CHP Genel Başkan Yardımcısı Faruk Loğoğlu ise, “Benim Millî Savunma Bakanından beklediğim şuydu: Türk milletinden bu vahim hata için, bu vahim operasyon için, sonuçları Türkiye Cumhuriyeti'nin üstüne bir kara leke olarak kalacak olan bu vahim operasyon için keşke özür dileseydi. Neden bir kara leke? Çünkü, ilk defa askerimizin eliyle bir vatan toprağının parçası, bir belirsiz, muhatabı belli olmayan bir kişilere teslim edilmiştir, vatan toprağı teslim edilmiştir. Operasyon için Suriye hükümetinin rızası alınmamıştır. Şimdi, konunun çok ayrıntıları var. Uluslararası hukuka aykırılık, bunlardan bir tanesi. Uluslararası hukukta, bir ülkeye bir askeri operasyon düzenleme hakkı ancak meşru savunma durumunda ortaya çıkar. Suriye'den Türkiye'ye yönelik bir saldırı yok, bildiğimiz kadarıyla AKP iktidarının yakın dostu IŞİD'den de henüz bir saldırı yok. O bakımdan, bu askeri operasyon yani Suriye topraklarına çok sayıda askerle, tankla girilmesi bir defa Suriye hükümetinin yaptığı açıklamalara da bakarsanız Suriye'ye bir saldırıdır, Suriye topraklarına karşı bir saldırıdır. Bu iktidarın istismar etmediği hiçbir şey kalmamıştır bu ülkede. En son istismar ettikleri de Türkiye Cumhuriyeti'nin, halkımızın, kanıyla, canlarıyla boyadığı bayrağımızdır. Hangi anlamda istismar edilmiştir?
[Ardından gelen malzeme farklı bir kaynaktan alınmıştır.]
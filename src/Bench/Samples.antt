-- ===== src/Bench/Samples.antt =====
-- The options of the benchmark at concrete arguments (bench/bench_main.cpp).
use lock_free_mpmc_queue.Base.{
  ℕ, ◌+◌, ◌*◌, ◌/◌, ◌^◌, ◌≤◌, ◌≡◌, ◌≢◌, ◌↔◌, ◌⊎◌, refl, some, List, [], ◌∷◌, map, bytes, arith,
}
use lock_free_mpmc_queue.Bench.Numbers.{strtoul}
use lock_free_mpmc_queue.Bench.Threads.{parse_thread_list, parse_thread_list_total}
use lock_free_mpmc_queue.Bench.Threads.Text.{thread_list_text, low_32, parse_thread_list-text}
use lock_free_mpmc_queue.Bench.Args.{
  Options, defaults, unknown_argument, parsed, parse_args, ms_hp, runs, main_plan,
}
use lock_free_mpmc_queue.Bench.Args.Laws.{
  command_line, parse_args-command_line, parse_args-unknown, FitsTypes,
}
use lock_free_mpmc_queue.Bench.Args.Main.{main_plan-runs}
use lock_free_mpmc_queue.Bench.Suite.{split_ratio, run_suite}
use lock_free_mpmc_queue.Bench.Suite.Laws.{split_ratio_bounds, rows, expected_rows, rows-run_suite}

-- What stands behind a number that is no comma and no number is dropped.
threads_of_text : parse_thread_list (bytes "2, 16,x,4") ≡ some (2 ∷ 16 ∷ [])
unfolding parse_thread_list strtoul
threads_of_text = refl

parse_thread_list_total_example : (r : List ℕ) × (parse_thread_list (bytes "8;;9") ≡ some r)
parse_thread_list_total_example = parse_thread_list_total (bytes "8;;9")

-- 2 ^ 32 passes the test for 0, and becomes 0.
parse_thread_list-text_example :
    parse_thread_list (thread_list_text (4 ∷ 2 ^ 32 ∷ [])) ≡ some (map low_32 (4 ∷ 2 ^ 32 ∷ []))
parse_thread_list-text_example = parse_thread_list-text (4 ∷ 2 ^ 32 ∷ []) (omega arith)

abbrev three_to_one : Options
three_to_one = record defaults {
  queue = bytes "ms-hp";
  workload = bytes "pc";
  ratio_p = 3;
  threads = 1 ∷ 8 ∷ [];
  reps = 3;
}

fits : FitsTypes three_to_one
fits = omega arith

parse_args-command_line_example : parse_args (command_line three_to_one) ≡ parsed three_to_one
parse_args-command_line_example = parse_args-command_line three_to_one fits refl

parse_args-unknown_example :
    parse_args (bytes "--ops=5" ∷ bytes "--help" ∷ bytes "--reps=0" ∷ [])
    ≡ unknown_argument (bytes "--help")
parse_args-unknown_example =
    parse_args-unknown (bytes "--ops=5" ∷ []) (bytes "--help") (bytes "--reps=0" ∷ []) refl refl

main_of_queue :
    main_plan (bytes "--queue=ms-hp" ∷ []) ≡ runs ms_hp (record defaults { queue = bytes "ms-hp" })
unfolding main_plan
main_of_queue = refl

main_plan-runs_example :
    let o : Options = record defaults { queue = bytes "ms-hp" } in
    (main_plan (bytes "--queue=ms-hp" ∷ []) ≡ runs ms_hp o) ↔ (
      (parse_args (bytes "--queue=ms-hp" ∷ []) ≡ parsed o)
      × (o.queue ≡ bytes "ms-hp")
      × (o.threads ≢ [])
      × (o.ops_per_thread ≢ 0)
      × (o.reps ≢ 0)
      × (o.ratio_p ≢ 0)
      × (o.ratio_c ≢ 0)
      × ((o.workload ≡ bytes "pairs")
          ⊎ (o.workload ≡ bytes "pc")
          ⊎ (o.workload ≡ bytes "enq")
          ⊎ (o.workload ≡ bytes "deq")))
main_plan-runs_example =
    main_plan-runs (bytes "--queue=ms-hp" ∷ []) ms_hp (record defaults { queue = bytes "ms-hp" })

split_ratio_bounds_example :
    (1 ≤ (split_ratio 9 4).0)
    × (1 ≤ (split_ratio 9 4).1)
    × ((split_ratio 9 4).0 + (split_ratio 9 4).1 ≡ 4)
split_ratio_bounds_example = split_ratio_bounds 9 4 (omega arith) (omega arith) (omega arith)

-- A rounding that needs no fractions.
abbrev rounded_share : ℕ → ℕ → ℕ → ℕ
rounded_share p c n = (2 * p * n + (p + c)) / (2 * (p + c))

rows-run_suite_example :
    rows (run_suite rounded_share three_to_one)
    ≡ expected_rows rounded_share three_to_one (1 ∷ 8 ∷ [])
rows-run_suite_example = rows-run_suite rounded_share three_to_one (omega arith)

rows_of_suite : rows (run_suite rounded_share three_to_one) ≡ (8, 0) ∷ (8, 1) ∷ (8, 2) ∷ []
unfolding run_suite rows
rows_of_suite = refl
Çünkü, öncelikle, yine asker eliyle bu bayrak gönderinden indirilmiş, başka bir yere nakledilmiş, nakledildiği yer dikkatinizi çekiyorum, ikinci uluslararası hukuka aykırılıktır Suriye toprağıdır. Suriye bizim arka bahçemiz mi. Suriye, bizim istediğimiz an istediğimiz yere girebileceğimiz, üzerinde hakimiyet kuracağımız, askeri alanlar kuracağımız bir komşu ülke mi? Bu hukuk dışılığa ilk defa Türk askeri ortak edilmiştir. Biz, sizin, siyasetçiler olarak yaptığınız yanlışların, hataların altından kalkarız ama askeri, Türk askerini, Mehmetçik'i hatalarınıza ortak edemezsiniz. Bu hatayı da bu durumda yapmışsınız, bunu Türk milleti asla, asla affetmeyecektir" açıklamasında bulundu.

 

"ÖFKEMİZ ÇOK BÜYÜK"

MHP Ankara Milletvekili Özcan Yeniçeri, Şah Fırat operasyonuyla ilgili şunları söyledi: "Şunu çok açık bir şekilde söyleyeyim ki öfkemiz çok büyüktür, hiddetimiz çok büyüktür. Bu öfke ve hiddet sizi milletin önünde mahvedecektir, bunu böyle bilin. Sizin, Süleyman Şah Türbesi'nin terkini ve Türk askerinin onurunu ve haysiyetini ayaklar altına alan bu tutumunuz hiçbir suretle hiçbir gerekçe altına alınarak savunulamaz. AKP hükümetinin Türkiye sınırına 100 kilometre mesafedeki bir toprak parçasını koruyamadığının net ve açık kanıtıdır. Ayrıca bu çekiliş, AKP iktidarının Türkiye'nin egemenliğini ve çıkarlarını koruma iradesinin olmadığını göstermiştir"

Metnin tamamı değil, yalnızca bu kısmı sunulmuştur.